**EXERCISE DESCRIPTION**
Take the data below and extract the lines from the one with "-- ===== src/LoadBalance/Picks.antt" to the one with "at_index (c ∷ cs) (suc", inclusive, exactly as written.

====== RECORDS SHOWN

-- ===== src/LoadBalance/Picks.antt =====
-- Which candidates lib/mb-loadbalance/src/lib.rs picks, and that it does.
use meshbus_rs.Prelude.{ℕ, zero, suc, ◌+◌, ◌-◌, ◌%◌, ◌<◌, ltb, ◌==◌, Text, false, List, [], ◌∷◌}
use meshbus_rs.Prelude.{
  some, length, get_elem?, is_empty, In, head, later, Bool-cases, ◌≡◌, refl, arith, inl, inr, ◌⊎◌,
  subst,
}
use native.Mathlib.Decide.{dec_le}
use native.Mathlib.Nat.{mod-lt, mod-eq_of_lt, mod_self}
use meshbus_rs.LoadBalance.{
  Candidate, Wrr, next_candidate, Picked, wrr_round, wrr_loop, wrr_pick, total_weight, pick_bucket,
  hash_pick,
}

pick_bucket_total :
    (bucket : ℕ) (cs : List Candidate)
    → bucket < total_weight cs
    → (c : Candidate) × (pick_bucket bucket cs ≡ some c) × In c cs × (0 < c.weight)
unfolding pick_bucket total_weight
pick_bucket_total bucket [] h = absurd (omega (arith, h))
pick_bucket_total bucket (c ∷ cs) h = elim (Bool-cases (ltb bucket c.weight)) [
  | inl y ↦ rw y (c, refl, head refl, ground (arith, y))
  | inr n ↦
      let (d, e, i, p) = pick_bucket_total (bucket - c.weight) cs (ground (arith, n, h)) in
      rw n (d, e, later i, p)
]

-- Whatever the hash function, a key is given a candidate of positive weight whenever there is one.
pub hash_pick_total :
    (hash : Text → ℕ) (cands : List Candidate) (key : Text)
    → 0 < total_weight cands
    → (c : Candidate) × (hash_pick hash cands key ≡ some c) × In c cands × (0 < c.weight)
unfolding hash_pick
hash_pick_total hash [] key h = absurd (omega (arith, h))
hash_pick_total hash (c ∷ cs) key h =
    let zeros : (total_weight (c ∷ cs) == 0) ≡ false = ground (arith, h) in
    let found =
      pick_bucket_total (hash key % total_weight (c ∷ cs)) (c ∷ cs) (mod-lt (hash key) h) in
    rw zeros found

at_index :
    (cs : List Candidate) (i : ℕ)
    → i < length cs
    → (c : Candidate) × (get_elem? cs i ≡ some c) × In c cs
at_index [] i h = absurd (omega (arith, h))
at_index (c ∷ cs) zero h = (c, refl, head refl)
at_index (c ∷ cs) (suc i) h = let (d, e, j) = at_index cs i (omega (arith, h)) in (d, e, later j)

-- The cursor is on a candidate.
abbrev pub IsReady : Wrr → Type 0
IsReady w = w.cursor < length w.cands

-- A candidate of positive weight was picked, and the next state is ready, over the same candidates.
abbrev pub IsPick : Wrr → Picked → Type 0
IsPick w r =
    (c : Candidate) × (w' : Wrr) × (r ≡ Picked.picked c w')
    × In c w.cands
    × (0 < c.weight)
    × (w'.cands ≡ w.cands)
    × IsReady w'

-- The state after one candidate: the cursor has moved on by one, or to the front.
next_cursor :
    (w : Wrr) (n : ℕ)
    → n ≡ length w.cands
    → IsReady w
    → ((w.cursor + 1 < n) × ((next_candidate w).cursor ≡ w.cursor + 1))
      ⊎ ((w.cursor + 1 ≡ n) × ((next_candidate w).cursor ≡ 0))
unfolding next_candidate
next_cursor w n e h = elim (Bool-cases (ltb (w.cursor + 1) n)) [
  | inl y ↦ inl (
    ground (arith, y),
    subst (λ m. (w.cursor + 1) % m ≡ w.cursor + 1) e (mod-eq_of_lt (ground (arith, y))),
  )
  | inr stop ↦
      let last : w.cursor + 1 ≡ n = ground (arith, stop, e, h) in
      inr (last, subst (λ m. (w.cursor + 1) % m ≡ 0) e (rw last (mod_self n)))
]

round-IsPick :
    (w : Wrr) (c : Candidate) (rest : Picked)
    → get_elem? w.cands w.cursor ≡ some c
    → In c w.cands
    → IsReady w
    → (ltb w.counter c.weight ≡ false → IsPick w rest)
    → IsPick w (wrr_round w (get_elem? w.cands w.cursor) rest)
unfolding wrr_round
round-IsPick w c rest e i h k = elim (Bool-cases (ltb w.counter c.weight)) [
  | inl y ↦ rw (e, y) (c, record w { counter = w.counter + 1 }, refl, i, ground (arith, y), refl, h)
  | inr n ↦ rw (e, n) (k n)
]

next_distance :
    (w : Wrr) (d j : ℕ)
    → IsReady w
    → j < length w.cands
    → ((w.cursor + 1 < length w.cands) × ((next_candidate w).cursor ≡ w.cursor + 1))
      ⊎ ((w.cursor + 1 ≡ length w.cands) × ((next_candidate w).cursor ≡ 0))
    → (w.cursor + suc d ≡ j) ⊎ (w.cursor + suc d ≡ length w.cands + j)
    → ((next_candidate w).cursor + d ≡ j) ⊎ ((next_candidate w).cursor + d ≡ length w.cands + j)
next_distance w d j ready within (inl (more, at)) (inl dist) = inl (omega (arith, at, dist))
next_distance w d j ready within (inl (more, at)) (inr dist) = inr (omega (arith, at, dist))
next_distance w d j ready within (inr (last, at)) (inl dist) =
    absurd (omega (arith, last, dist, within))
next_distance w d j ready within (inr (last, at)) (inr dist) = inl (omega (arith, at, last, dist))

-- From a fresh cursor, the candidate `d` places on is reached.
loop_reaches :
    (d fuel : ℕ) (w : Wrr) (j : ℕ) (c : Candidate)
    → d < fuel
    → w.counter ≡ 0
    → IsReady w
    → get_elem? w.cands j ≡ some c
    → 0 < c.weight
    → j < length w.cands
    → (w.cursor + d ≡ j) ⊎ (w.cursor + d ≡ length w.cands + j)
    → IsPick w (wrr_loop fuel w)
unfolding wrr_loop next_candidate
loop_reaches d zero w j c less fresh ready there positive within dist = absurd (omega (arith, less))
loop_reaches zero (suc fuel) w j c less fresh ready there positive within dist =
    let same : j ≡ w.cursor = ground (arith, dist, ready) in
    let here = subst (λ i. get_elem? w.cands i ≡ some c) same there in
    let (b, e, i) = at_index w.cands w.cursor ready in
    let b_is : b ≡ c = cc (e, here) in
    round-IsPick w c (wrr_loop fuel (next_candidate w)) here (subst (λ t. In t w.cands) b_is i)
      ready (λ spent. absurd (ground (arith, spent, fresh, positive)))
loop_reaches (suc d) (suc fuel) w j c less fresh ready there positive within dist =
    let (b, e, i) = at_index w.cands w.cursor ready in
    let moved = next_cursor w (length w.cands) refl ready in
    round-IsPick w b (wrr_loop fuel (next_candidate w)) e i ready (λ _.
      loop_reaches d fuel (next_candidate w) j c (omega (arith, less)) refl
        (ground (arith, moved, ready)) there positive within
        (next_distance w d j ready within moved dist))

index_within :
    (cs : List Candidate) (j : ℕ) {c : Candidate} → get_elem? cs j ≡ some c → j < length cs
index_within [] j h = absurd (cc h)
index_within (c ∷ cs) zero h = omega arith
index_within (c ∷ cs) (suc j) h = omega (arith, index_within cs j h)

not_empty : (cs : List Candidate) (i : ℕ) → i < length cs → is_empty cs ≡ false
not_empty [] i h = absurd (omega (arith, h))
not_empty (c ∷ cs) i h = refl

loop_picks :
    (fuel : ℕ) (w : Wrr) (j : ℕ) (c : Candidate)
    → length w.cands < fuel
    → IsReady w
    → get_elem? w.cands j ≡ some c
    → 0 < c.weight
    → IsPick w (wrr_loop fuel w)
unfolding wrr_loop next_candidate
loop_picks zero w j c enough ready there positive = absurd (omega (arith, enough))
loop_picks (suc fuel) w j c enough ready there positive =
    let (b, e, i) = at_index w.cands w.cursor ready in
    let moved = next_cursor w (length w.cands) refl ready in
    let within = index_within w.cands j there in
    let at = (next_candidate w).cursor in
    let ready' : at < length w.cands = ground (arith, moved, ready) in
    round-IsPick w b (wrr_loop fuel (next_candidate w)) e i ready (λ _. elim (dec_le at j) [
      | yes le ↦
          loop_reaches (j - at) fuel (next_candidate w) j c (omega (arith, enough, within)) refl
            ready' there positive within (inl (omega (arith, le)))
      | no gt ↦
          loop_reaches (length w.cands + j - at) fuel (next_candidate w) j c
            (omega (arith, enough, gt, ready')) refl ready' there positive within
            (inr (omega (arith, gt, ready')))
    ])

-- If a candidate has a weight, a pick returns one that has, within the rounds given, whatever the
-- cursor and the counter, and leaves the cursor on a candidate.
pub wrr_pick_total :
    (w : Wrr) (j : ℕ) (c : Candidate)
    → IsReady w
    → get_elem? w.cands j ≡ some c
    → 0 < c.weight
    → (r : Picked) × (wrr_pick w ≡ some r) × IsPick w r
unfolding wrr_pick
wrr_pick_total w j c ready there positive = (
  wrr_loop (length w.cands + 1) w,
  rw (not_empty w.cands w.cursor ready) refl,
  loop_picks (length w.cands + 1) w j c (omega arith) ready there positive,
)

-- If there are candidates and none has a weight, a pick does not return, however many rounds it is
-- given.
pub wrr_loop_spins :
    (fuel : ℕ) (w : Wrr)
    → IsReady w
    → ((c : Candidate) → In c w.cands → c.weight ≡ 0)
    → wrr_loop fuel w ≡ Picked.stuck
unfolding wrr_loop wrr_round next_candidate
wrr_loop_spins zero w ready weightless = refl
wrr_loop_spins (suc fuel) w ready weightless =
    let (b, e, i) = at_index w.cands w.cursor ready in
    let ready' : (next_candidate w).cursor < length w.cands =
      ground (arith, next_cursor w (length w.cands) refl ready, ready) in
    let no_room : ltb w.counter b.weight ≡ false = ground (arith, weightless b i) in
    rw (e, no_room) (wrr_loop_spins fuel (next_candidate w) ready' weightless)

============
====== RECORDS SHOWN

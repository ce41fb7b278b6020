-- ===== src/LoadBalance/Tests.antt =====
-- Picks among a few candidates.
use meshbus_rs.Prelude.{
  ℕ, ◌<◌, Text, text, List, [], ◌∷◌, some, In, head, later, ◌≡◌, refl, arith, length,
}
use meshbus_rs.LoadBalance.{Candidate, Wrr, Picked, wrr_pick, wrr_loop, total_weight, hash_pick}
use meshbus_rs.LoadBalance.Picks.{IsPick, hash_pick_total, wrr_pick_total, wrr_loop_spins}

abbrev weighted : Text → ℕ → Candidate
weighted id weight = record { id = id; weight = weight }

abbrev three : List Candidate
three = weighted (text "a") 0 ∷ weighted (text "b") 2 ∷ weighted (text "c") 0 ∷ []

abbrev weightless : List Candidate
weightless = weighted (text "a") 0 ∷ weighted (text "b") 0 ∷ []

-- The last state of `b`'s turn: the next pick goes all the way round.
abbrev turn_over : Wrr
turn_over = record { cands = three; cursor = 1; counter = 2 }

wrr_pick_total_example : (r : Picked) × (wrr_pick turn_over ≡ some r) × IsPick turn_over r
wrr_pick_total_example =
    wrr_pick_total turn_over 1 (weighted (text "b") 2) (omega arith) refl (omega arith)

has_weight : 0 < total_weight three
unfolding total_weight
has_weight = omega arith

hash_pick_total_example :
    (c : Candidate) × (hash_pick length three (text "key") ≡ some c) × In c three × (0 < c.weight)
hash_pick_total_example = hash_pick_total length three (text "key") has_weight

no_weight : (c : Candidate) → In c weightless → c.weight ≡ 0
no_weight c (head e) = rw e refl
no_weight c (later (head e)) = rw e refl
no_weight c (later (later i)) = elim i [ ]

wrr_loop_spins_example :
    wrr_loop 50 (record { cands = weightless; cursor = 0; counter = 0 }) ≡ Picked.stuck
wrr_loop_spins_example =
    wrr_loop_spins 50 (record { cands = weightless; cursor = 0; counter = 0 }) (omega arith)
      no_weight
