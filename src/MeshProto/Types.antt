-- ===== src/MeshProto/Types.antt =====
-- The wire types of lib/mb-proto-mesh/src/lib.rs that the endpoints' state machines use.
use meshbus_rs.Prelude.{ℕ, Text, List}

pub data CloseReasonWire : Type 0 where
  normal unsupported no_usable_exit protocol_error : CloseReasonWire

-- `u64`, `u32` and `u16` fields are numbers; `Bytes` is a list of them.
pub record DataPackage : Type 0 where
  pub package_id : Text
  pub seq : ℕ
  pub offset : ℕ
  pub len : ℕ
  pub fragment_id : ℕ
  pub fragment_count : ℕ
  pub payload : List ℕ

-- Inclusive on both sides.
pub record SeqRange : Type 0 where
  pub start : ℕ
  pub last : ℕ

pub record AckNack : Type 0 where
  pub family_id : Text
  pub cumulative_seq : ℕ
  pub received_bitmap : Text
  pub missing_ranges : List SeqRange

============
====== RECORDS SHOWN

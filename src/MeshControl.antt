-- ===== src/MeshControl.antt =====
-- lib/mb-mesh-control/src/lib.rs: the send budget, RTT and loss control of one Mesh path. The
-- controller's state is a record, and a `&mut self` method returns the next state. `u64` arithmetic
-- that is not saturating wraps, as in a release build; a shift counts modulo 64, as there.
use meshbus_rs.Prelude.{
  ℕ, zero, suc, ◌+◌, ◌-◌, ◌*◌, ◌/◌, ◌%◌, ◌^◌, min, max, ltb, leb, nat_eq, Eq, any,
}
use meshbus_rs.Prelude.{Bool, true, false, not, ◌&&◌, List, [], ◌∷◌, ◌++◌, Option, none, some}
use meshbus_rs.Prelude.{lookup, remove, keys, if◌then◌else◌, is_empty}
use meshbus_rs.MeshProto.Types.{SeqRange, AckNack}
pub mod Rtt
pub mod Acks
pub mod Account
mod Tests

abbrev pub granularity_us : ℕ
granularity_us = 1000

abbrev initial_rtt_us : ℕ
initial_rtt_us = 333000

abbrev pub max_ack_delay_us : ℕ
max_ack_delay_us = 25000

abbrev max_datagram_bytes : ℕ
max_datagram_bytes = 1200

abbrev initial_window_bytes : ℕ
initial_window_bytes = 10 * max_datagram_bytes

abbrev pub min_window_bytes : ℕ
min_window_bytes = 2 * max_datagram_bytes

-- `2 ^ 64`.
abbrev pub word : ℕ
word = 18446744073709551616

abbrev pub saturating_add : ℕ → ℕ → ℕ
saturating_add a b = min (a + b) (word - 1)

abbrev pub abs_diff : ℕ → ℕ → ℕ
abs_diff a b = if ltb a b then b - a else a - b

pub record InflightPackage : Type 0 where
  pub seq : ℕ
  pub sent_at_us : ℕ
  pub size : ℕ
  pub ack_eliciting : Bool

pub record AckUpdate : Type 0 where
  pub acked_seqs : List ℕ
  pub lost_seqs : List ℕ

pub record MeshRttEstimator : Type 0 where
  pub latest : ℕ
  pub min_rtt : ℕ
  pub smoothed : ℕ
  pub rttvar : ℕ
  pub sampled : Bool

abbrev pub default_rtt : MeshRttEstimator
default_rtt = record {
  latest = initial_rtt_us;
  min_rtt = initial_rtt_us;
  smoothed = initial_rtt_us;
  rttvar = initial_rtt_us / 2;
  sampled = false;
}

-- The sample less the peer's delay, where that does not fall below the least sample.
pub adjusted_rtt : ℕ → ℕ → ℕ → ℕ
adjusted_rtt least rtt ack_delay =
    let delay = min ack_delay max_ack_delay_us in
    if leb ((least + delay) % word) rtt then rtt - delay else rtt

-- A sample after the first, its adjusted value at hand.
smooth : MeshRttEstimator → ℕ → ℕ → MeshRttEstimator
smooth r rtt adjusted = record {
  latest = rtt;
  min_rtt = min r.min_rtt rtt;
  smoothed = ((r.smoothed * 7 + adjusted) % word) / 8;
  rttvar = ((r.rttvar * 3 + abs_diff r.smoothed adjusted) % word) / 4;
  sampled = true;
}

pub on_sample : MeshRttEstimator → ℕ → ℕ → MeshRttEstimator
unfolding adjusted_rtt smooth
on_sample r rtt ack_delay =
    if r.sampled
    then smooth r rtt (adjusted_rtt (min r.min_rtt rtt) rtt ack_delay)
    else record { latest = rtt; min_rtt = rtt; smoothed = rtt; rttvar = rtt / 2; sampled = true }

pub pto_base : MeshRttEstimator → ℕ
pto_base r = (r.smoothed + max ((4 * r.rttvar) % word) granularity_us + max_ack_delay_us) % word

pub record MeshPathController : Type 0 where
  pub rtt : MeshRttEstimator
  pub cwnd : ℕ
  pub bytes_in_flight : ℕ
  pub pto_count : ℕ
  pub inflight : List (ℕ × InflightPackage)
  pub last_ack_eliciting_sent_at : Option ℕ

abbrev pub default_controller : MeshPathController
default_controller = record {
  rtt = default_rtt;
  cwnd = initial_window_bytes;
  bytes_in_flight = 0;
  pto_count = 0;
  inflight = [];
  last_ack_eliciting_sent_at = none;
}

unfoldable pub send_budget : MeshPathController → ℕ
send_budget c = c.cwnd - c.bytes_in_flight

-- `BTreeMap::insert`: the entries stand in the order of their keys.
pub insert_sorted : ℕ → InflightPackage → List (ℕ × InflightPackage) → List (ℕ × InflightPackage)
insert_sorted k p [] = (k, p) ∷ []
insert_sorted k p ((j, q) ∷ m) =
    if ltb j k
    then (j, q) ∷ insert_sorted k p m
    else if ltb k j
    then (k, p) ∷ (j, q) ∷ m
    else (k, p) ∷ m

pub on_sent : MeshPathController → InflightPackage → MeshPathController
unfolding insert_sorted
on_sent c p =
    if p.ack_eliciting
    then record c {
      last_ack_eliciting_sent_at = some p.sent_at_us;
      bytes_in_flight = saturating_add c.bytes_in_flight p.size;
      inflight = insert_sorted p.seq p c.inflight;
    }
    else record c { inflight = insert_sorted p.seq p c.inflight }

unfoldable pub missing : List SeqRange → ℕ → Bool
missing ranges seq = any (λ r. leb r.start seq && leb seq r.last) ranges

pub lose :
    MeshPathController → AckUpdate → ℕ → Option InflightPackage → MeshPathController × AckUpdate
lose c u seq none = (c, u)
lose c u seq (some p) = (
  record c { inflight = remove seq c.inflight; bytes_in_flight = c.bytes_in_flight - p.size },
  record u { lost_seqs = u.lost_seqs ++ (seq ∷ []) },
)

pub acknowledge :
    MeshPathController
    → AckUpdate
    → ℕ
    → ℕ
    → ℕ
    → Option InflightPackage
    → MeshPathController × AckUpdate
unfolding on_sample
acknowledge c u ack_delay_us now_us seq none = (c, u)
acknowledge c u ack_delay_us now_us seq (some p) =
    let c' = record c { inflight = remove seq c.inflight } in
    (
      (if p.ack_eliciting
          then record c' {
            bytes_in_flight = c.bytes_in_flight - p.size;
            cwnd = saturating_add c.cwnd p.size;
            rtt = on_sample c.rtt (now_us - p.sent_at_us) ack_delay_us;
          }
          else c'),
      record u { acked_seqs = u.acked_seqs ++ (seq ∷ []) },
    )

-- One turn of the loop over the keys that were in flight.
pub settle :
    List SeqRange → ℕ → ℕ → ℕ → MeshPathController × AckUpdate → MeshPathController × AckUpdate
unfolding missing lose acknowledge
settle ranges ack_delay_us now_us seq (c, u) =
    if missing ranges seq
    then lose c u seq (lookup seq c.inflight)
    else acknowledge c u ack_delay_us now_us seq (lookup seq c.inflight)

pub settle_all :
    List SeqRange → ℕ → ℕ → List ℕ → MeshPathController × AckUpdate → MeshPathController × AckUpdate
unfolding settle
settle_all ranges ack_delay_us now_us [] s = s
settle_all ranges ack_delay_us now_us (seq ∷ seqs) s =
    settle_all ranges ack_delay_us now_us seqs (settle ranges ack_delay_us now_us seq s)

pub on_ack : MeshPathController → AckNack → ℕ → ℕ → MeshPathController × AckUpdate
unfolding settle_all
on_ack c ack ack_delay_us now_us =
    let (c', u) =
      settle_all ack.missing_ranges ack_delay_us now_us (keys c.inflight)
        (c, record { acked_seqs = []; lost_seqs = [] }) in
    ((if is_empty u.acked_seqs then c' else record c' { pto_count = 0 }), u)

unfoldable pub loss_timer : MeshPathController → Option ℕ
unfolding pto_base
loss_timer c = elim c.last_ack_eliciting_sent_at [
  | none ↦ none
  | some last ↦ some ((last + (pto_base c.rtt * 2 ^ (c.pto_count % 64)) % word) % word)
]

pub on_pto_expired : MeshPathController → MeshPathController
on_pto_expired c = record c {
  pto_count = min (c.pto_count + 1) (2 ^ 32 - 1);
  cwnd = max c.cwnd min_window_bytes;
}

============

**ANSWER FOR THIS EXERCISE**
-- ===== src/LoadBalance/Picks.antt =====
-- Which candidates lib/mb-loadbalance/src/lib.rs picks, and that it does.
use meshbus_rs.Prelude.{ℕ, zero, suc, ◌+◌, ◌-◌, ◌%◌, ◌<◌, ltb, ◌==◌, Text, false, List, [], ◌∷◌}
use meshbus_rs.Prelude.{
  some, length, get_elem?, is_empty, In, head, later, Bool-cases, ◌≡◌, refl, arith, inl, inr, ◌⊎◌,
  subst,
}
use native.Mathlib.Decide.{dec_le}
use native.Mathlib.Nat.{mod-lt, mod-eq_of_lt, mod_self}
use meshbus_rs.LoadBalance.{
  Candidate, Wrr, next_candidate, Picked, wrr_round, wrr_loop, wrr_pick, total_weight, pick_bucket,
  hash_pick,
}

pick_bucket_total :
    (bucket : ℕ) (cs : List Candidate)
    → bucket < total_weight cs
    → (c : Candidate) × (pick_bucket bucket cs ≡ some c) × In c cs × (0 < c.weight)
unfolding pick_bucket total_weight
pick_bucket_total bucket [] h = absurd (omega (arith, h))
pick_bucket_total bucket (c ∷ cs) h = elim (Bool-cases (ltb bucket c.weight)) [
  | inl y ↦ rw y (c, refl, head refl, ground (arith, y))
  | inr n ↦
      let (d, e, i, p) = pick_bucket_total (bucket - c.weight) cs (ground (arith, n, h)) in
      rw n (d, e, later i, p)
]

-- Whatever the hash function, a key is given a candidate of positive weight whenever there is one.
pub hash_pick_total :
    (hash : Text → ℕ) (cands : List Candidate) (key : Text)
    → 0 < total_weight cands
    → (c : Candidate) × (hash_pick hash cands key ≡ some c) × In c cands × (0 < c.weight)
unfolding hash_pick
hash_pick_total hash [] key h = absurd (omega (arith, h))
hash_pick_total hash (c ∷ cs) key h =
    let zeros : (total_weight (c ∷ cs) == 0) ≡ false = ground (arith, h) in
    let found =
      pick_bucket_total (hash key % total_weight (c ∷ cs)) (c ∷ cs) (mod-lt (hash key) h) in
    rw zeros found

at_index :
    (cs : List Candidate) (i : ℕ)
    → i < length cs
    → (c : Candidate) × (get_elem? cs i ≡ some c) × In c cs
at_index [] i h = absurd (omega (arith, h))
at_index (c ∷ cs) zero h = (c, refl, head refl)
at_index (c ∷ cs) (suc i) h = let (d, e, j) = at_index cs i (omega (arith, h)) in (d, e, later j)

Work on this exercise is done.